A few days ago I was talking with a friend who works on-site at one of Indonesia's big tech companies. That conversation made something click: plenty of companies run local models on their own on-premise servers instead of calling the OpenAI or Anthropic API, and they have a long workflow before anything ships to production.
Why local models at all?
The reasoning is pretty reasonable: privacy and security. When the data touches identities, internal documents, or sensitive customer information, a company is going to be careful about where that data travels and where it gets stored.
With a local model, everything runs directly on servers the company owns. The data never has to leave for a third-party AI provider, the infrastructure stays more controlled, and for heavy long-term usage the cost tends to be more predictable.

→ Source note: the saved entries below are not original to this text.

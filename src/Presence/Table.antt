-- ===== src/Presence/Table.antt =====
-- internal/presence/store.go: the store, the two writers of its table, and the pruning of it.
use dee_relay.Base.{
  ℕ, ◌+◌, ◌*◌, Bool, none, some, [], ◌∷◌, String, string_key, if◌then◌else◌, ltb, ℤ, or_default,
}
use dee_relay.Map.{Map, lookup, insert, remove}
use dee_relay.Map.Counter.{bump, drop_one}
use dee_relay.Model.{Time, Duration, after, PresenceRevocation}

abbrev pub max_records_per_caller : ℕ
max_records_per_caller = 32

pub record Record : Type 0 where
  pub owner_hash : String
  pub grant_hash : String
  pub caller : String
  pub last_seen : Time
  pub updated_at : Time
  pub expires_at : Time

-- What a heartbeat proved about its caller: the key to count it under.
pub record Grant : Type 0 where
  pub caller : String

pub record Store : Type 0 where
  pub max_records : ℕ
  pub last_seen_ttl : Duration
  pub records : Map String Record
  pub callers : Map String ℕ
  pub revocations : Map String PresenceRevocation

unfoldable pub new_store : ℤ → ℤ → Store
unfolding or_default
new_store max_records last_seen_ttl = record {
  max_records = or_default 5000 max_records;
  last_seen_ttl = or_default (24 * 3_600_000_000_000) last_seen_ttl;
  records = [];
  callers = [];
  revocations = [];
}

-- `putLocked`, with `releaseLocked` of the caller that held the key before.
unfoldable pub release_previous : Store → String → Map String ℕ
unfolding drop_one
release_previous s grant_hash = elim (lookup grant_hash s.records) [
  | none ↦ s.callers
  | some previous ↦ drop_one previous.caller s.callers
]

unfoldable pub put_locked : Store → Record → Store
unfolding bump release_previous
put_locked s value = record s {
  records = insert value.grant_hash value s.records;
  callers = bump value.caller (release_previous s value.grant_hash);
}

unfoldable pub drop_locked : Store → String → Store
unfolding drop_one
drop_locked s grant_hash = elim (lookup grant_hash s.records) [
  | none ↦ s
  | some item ↦ record s {
    records = remove grant_hash s.records;
    callers = drop_one item.caller s.callers;
  }
]

-- A loop over the table that drops the records of a test, and the number dropped.
unfoldable pub drop_where : (Record → Bool) → Map String Record → Store × ℕ → Store × ℕ
drop_where p [] r = r
drop_where p ((key, item) ∷ m) (s, n) =
    drop_where p m (if p item then (drop_locked s key, n + 1) else (s, n))

-- The loop over the tombstones.
unfoldable pub drop_dead : Time → Map String PresenceRevocation → Store → Store
drop_dead now [] s = s
drop_dead now ((key, item) ∷ m) s =
    drop_dead now m
      (if after item.expires_at now then s else record s { revocations = remove key s.revocations })

unfoldable pub is_stale : Store → Time → Record → Bool
is_stale s now item = ltb (item.last_seen + s.last_seen_ttl) now

unfoldable pub prune_locked : Time → Store → Store
unfolding drop_where drop_dead is_stale
prune_locked now s =
    let s' = (drop_where (is_stale s now) s.records (s, 0)).0 in drop_dead now s'.revocations s'

unfoldable pub prune : Store → Time → Store
unfolding prune_locked
prune s now = prune_locked now s
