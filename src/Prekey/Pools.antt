-- ===== src/Prekey/Pools.antt =====
-- internal/prekey/store.go: the store of pools, its pruning and its counts.
-- The source keeps a bucket's tokens in a float64. Here they are exact: `credit` is the tokens times
-- the time that refills one, a number of nanoseconds.
use dee_relay.Base.{
  ℕ, ◌+◌, ◌*◌, ◌==◌, ◌||◌, Bool, List, [], ◌∷◌, String, string_key, nat_key, if◌then◌else◌, ℤ,
  or_default, pos, length,
}
use Prim.Native.String.{◌++◌}
use dee_relay.Map.{Map, get_or, has, insert, remove}
use dee_relay.Model.{Time, Duration, after, PrekeyEntry}

pub record Entry : Type 0 where
  pub value : PrekeyEntry
  pub published_at : Time

pub record BucketState : Type 0 where
  pub credit : ℕ
  pub last_refill : Time

pub record Limits : Type 0 where
  pub max_per_recipient : ℤ
  pub max_buckets : ℤ
  pub published_ttl : ℤ
  pub claim_burst : ℤ
  pub claim_refill : ℤ

pub record Store : Type 0 where
  pub max_per_recipient : ℕ
  pub max_buckets : ℕ
  pub published_ttl : Duration
  pub claim_burst : ℕ
  pub claim_refill : Duration
  pub queues : Map String (List Entry)
  pub last_resort : Map String Entry
  pub tokens : Map String BucketState

unfoldable pub bucket_key : String → String → String
bucket_key owner_tag device_key = owner_tag ++ "\0" ++ device_key

unfoldable pub new_store_with_limits : Limits → Store
unfolding or_default
new_store_with_limits limits = record {
  max_per_recipient = or_default 100 limits.max_per_recipient;
  max_buckets = or_default 5_000 limits.max_buckets;
  published_ttl = or_default (30 * 24 * 3_600_000_000_000) limits.published_ttl;
  claim_burst = or_default 32 limits.claim_burst;
  claim_refill = or_default 1_000_000_000 limits.claim_refill;
  queues = [];
  last_resort = [];
  tokens = [];
}

unfoldable pub new_store : ℤ → ℤ → Store
unfolding new_store_with_limits
new_store max_per_recipient published_ttl = new_store_with_limits (record {
  max_per_recipient = max_per_recipient;
  max_buckets = pos 0;
  published_ttl = published_ttl;
  claim_burst = pos 0;
  claim_refill = pos 0;
})

unfoldable pub is_kept : Store → Time → Entry → Bool
is_kept s now item = after (item.published_at + s.published_ttl) now

-- The entries of a queue that are not too old.
unfoldable pub kept_of : (Entry → Bool) → List Entry → List Entry
kept_of p [] = []
kept_of p (item ∷ queue) = let rest = kept_of p queue in if p item then item ∷ rest else rest

unfoldable pub set_queue : String → List Entry → Store → Store
set_queue key queue s = record s {
  queues = if length queue == 0 then remove key s.queues else insert key queue s.queues;
}

unfoldable pub prune_queues : Time → Map String (List Entry) → Store → Store
unfolding is_kept kept_of set_queue
prune_queues now [] s = s
prune_queues now ((key, queue) ∷ m) s =
    prune_queues now m (set_queue key (kept_of (is_kept s now) queue) s)

unfoldable pub prune_last_resort : Time → Map String Entry → Store → Store
unfolding is_kept
prune_last_resort now [] s = s
prune_last_resort now ((key, item) ∷ m) s =
    prune_last_resort now m
      (if is_kept s now item then s else record s { last_resort = remove key s.last_resort })

unfoldable pub prune_tokens : Map String BucketState → Store → Store
prune_tokens [] s = s
prune_tokens ((key, state) ∷ m) s = prune_tokens m (
    if length (get_or [] key s.queues) == 0
    then if has key s.last_resort then s else record s { tokens = remove key s.tokens }
    else s)

unfoldable pub prune_locked : Time → Store → Store
unfolding prune_queues prune_last_resort prune_tokens
prune_locked now s =
    let s₁ = prune_queues now s.queues s in
    let s₂ = prune_last_resort now s₁.last_resort s₁ in prune_tokens s₂.tokens s₂

unfoldable pub bucket_exists_locked : Store → String → Bool
bucket_exists_locked s key = has key s.queues || has key s.last_resort

-- The last-resort prekeys whose key has no queue.
unfoldable pub count_alone : Store → Map String Entry → ℕ
count_alone s [] = 0
count_alone s ((key, item) ∷ m) =
    let rest = count_alone s m in if has key s.queues then rest else rest + 1

unfoldable pub bucket_count_locked : Store → ℕ
unfolding count_alone
bucket_count_locked s = length s.queues + count_alone s s.last_resort

unfoldable pub bucket_count : Store → Time → Store × ℕ
unfolding prune_locked bucket_count_locked
bucket_count s now = let s' = prune_locked now s in (s', bucket_count_locked s')

unfoldable pub sum_queues : Map String (List Entry) → ℕ
sum_queues [] = 0
sum_queues ((key, queue) ∷ m) = length queue + sum_queues m

unfoldable pub count_entries : Store → Time → Store × ℕ
unfolding prune_locked sum_queues
count_entries s now = let s' = prune_locked now s in (s', sum_queues s'.queues)

unfoldable pub last_resort_count : Store → Time → Store × ℕ
unfolding prune_locked
last_resort_count s now = let s' = prune_locked now s in (s', length s'.last_resort)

On-premise isn't free of trade-offs
Running your own hardware means buying and maintaining the servers, dealing with GPUs, power, networking, security patches, and monitoring — plus an infra team ready to respond when something breaks. You get more control, but you also carry more responsibility.

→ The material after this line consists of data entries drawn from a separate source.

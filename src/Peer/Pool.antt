-- ===== src/Peer/Pool.antt =====
-- internal/peer/pool.go: the roster, the outcome of the last sync with each peer, and the summary for
-- /health. The relay's own url (internal/peer/selfurl.go) is not part of the model.
use dee_relay.Base.{
  ℕ, ◌+◌, ◌-◌, ◌/◌, ◌==◌, ◌&&◌, ◌||◌, Bool, not, Option, none, some, List, [], ◌∷◌, ◌++◌, String,
  string_key, nat_key, if◌then◌else◌, ltb, is_empty, length, map, ℤ, pos, negsuc,
}
use dee_relay.Map.{Map, lookup, get_or, has, insert}
use dee_relay.Model.{Time, zero_time, is_zero}

pub record Status : Type 0 where
  pub url : String
  pub claimed_id : String
  pub last_success_at : Time
  pub last_attempt_at : Time
  pub last_error : String
  pub consecutive_failures : ℕ

pub record Pool : Type 0 where
  pub self_id : String
  pub peers : List String
  pub status : Map String Status

pub record Health : Type 0 where
  pub peers : ℕ
  pub reachable : ℕ
  pub oldest_sync_age_sec : ℤ

unfoldable pub fresh_status : String → Status
unfolding zero_time
fresh_status url = record {
  url = url;
  claimed_id = "";
  last_success_at = zero_time;
  last_attempt_at = zero_time;
  last_error = "";
  consecutive_failures = 0;
}

unfoldable pub add_peers : List String → Pool → Pool
unfolding fresh_status
add_peers [] p = p
add_peers (url ∷ urls) p = add_peers urls (
    if is_empty url || has url p.status then p else record p {
      peers = p.peers ++ (url ∷ []);
      status = insert url (fresh_status url) p.status;
    })

unfoldable pub new_pool : String → List String → Pool
unfolding add_peers
new_pool self_id urls = add_peers urls (record { self_id = self_id; peers = []; status = [] })

unfoldable pub targets : Pool → List String
targets p = p.peers

unfoldable pub record_success : Pool → String → String → Time → Pool
record_success p url claimed_id now = elim (lookup url p.status) [
  | none ↦ p
  | some st ↦ record p {
    status =
        insert url
          (record st {
            claimed_id = claimed_id;
            last_attempt_at = now;
            last_success_at = now;
            last_error = "";
            consecutive_failures = 0;
          })
          p.status;
  }
]

-- The text of an error, where there is one.
unfoldable pub record_failure : Pool → String → Option String → Time → Pool
record_failure p url error now = elim (lookup url p.status) [
  | none ↦ p
  | some st ↦ record p {
    status =
        insert url
          (record st {
            last_attempt_at = now;
            last_error = elim error [ none ↦ st.last_error | some text ↦ text ];
            consecutive_failures = st.consecutive_failures + 1;
          })
          p.status;
  }
]

unfoldable pub is_reachable : Status → Bool
unfolding is_zero
is_reachable st = st.consecutive_failures == 0 && not (is_zero st.last_success_at)

-- Whole seconds, and none where the clock stepped back.
unfoldable pub age_of : Time → Status → ℕ
age_of now st = (now - st.last_success_at) / 1_000_000_000

-- `if age > oldest { oldest = age }`
unfoldable pub older : ℕ → ℤ → ℤ
older age (pos oldest) = if ltb oldest age then pos age else pos oldest
older age (negsuc n) = pos age

-- The loop of `Health`, which ends at the first peer that never synced.
unfoldable pub scan : Pool → Time → List String → ℕ → ℤ → ℕ × ℤ
unfolding is_zero is_reachable age_of older fresh_status
scan p now [] reachable oldest = (reachable, oldest)
scan p now (url ∷ urls) reachable oldest =
    let st = get_or (fresh_status url) url p.status in
    let counted = (if is_reachable st then reachable + 1 else reachable) in
    let rest = scan p now urls counted (older (age_of now st) oldest) in
    if is_zero st.last_success_at then (counted, negsuc 0) else rest

unfoldable pub health : Pool → Time → Health
unfolding scan
health p now =
    let (reachable, oldest) = scan p now p.peers 0 (negsuc 0) in
    record { peers = length p.peers; reachable = reachable; oldest_sync_age_sec = oldest }

unfoldable pub statuses : Pool → List Status
unfolding fresh_status
statuses p = map (λ url. get_or (fresh_status url) url p.status) p.peers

The deployment is deliberately slow
I've also heard stories from other companies about how long their deployment process is. The code is pushed, the PR is merged, and it still doesn't go straight to staging or production. There's a security review, testing, sometimes even penetration testing in between.
So at a large company, slow deployment isn't necessarily a sign of a bad workflow. Sometimes it's intentionally layered, because the priority isn't only shipping fast. It's keeping data private, keeping the system secure, and making sure a change doesn't quietly introduce new risk.